### Problem to solve
Below is a listing. Set down exactly the lines from the one containing "pub nonce : Text" through the one containing "pub others_alive : ℕ → Bool", both ends included, and leave out the rest.

──────── Records to process

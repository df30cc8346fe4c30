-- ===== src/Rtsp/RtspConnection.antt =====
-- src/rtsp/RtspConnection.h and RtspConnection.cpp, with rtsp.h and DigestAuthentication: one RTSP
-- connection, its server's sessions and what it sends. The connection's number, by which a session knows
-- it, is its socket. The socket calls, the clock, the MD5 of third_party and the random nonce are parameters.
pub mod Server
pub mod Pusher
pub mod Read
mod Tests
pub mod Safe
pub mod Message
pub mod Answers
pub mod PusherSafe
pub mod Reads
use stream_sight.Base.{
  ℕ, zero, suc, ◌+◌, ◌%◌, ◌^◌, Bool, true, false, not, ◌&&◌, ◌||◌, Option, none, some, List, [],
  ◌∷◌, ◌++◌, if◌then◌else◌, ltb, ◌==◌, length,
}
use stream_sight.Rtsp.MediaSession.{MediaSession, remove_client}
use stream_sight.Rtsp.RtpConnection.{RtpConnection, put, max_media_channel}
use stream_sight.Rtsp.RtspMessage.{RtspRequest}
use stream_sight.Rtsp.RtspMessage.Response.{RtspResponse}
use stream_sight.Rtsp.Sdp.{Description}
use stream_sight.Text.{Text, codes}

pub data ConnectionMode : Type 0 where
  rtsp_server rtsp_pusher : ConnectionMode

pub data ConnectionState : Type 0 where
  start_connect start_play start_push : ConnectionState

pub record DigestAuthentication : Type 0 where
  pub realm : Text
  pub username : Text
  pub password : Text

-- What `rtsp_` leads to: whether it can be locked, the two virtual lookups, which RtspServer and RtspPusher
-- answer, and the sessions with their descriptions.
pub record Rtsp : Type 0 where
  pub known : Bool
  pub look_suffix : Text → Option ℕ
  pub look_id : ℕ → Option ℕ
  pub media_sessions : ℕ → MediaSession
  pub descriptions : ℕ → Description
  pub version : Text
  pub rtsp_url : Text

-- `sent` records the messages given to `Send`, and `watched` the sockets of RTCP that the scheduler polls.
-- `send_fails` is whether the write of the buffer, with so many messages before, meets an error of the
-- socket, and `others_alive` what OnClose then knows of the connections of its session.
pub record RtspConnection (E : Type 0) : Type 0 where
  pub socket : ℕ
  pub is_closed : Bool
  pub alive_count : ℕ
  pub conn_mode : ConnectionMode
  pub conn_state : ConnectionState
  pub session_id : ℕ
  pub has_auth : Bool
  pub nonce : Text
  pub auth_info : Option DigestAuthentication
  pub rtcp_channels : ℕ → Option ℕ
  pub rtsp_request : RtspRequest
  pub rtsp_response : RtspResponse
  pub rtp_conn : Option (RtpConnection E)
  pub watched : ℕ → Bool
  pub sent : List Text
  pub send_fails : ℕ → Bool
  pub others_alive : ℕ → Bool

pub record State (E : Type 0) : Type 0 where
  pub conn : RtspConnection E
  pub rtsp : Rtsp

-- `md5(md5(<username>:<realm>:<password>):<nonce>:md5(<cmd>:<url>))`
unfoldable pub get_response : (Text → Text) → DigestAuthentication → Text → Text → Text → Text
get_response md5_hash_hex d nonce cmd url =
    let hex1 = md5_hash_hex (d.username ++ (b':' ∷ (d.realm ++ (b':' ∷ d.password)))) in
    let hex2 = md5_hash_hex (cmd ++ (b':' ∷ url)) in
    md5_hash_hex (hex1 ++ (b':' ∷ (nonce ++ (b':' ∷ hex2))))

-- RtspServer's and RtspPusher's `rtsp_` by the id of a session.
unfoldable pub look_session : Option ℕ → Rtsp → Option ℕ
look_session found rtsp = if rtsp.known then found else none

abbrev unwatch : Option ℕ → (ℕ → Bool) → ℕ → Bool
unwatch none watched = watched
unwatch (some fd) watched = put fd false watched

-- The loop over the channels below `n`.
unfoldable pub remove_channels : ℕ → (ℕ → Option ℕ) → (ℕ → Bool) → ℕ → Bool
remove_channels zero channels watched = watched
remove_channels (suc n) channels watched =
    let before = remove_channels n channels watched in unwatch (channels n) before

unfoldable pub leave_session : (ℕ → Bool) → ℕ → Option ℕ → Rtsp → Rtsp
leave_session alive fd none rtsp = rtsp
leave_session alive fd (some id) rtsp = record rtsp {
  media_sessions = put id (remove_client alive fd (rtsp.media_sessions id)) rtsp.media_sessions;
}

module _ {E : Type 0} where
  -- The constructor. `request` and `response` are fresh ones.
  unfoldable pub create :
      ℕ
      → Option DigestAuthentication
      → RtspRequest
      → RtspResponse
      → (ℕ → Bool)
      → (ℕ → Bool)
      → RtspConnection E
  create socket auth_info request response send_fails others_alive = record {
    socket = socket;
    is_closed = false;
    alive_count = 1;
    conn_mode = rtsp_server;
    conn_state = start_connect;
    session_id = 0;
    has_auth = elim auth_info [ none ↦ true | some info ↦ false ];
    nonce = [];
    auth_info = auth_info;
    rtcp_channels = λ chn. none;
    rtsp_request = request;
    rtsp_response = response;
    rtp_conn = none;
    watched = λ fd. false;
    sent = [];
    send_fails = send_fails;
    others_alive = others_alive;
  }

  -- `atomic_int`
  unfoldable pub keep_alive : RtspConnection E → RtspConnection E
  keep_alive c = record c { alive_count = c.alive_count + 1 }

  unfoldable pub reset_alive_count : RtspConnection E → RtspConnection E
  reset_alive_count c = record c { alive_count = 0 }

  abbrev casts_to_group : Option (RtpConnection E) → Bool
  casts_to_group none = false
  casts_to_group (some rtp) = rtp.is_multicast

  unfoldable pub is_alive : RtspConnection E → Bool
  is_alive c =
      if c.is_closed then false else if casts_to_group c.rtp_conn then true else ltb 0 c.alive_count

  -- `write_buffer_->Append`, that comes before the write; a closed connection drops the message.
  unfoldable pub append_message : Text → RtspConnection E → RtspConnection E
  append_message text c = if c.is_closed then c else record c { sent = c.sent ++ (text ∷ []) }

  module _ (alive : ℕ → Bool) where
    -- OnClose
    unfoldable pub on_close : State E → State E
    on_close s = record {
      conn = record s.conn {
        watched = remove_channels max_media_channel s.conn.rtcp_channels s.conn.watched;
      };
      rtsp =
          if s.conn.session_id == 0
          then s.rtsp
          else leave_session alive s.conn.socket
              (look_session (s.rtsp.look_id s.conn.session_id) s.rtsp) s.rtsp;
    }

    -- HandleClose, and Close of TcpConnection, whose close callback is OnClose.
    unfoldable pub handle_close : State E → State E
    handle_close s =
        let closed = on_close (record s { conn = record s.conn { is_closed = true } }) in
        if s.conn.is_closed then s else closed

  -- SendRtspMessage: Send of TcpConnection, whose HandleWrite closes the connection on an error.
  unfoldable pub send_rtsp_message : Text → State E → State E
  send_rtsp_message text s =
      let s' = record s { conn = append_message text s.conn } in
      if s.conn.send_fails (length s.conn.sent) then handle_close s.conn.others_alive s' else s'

────────────────

### Answer for this exercise
  pub nonce : Text
  pub auth_info : Option DigestAuthentication
  pub rtcp_channels : ℕ → Option ℕ
  pub rtsp_request : RtspRequest
  pub rtsp_response : RtspResponse
  pub rtp_conn : Option (RtpConnection E)
  pub watched : ℕ → Bool
  pub sent : List Text
  pub send_fails : ℕ → Bool
  pub others_alive : ℕ → Bool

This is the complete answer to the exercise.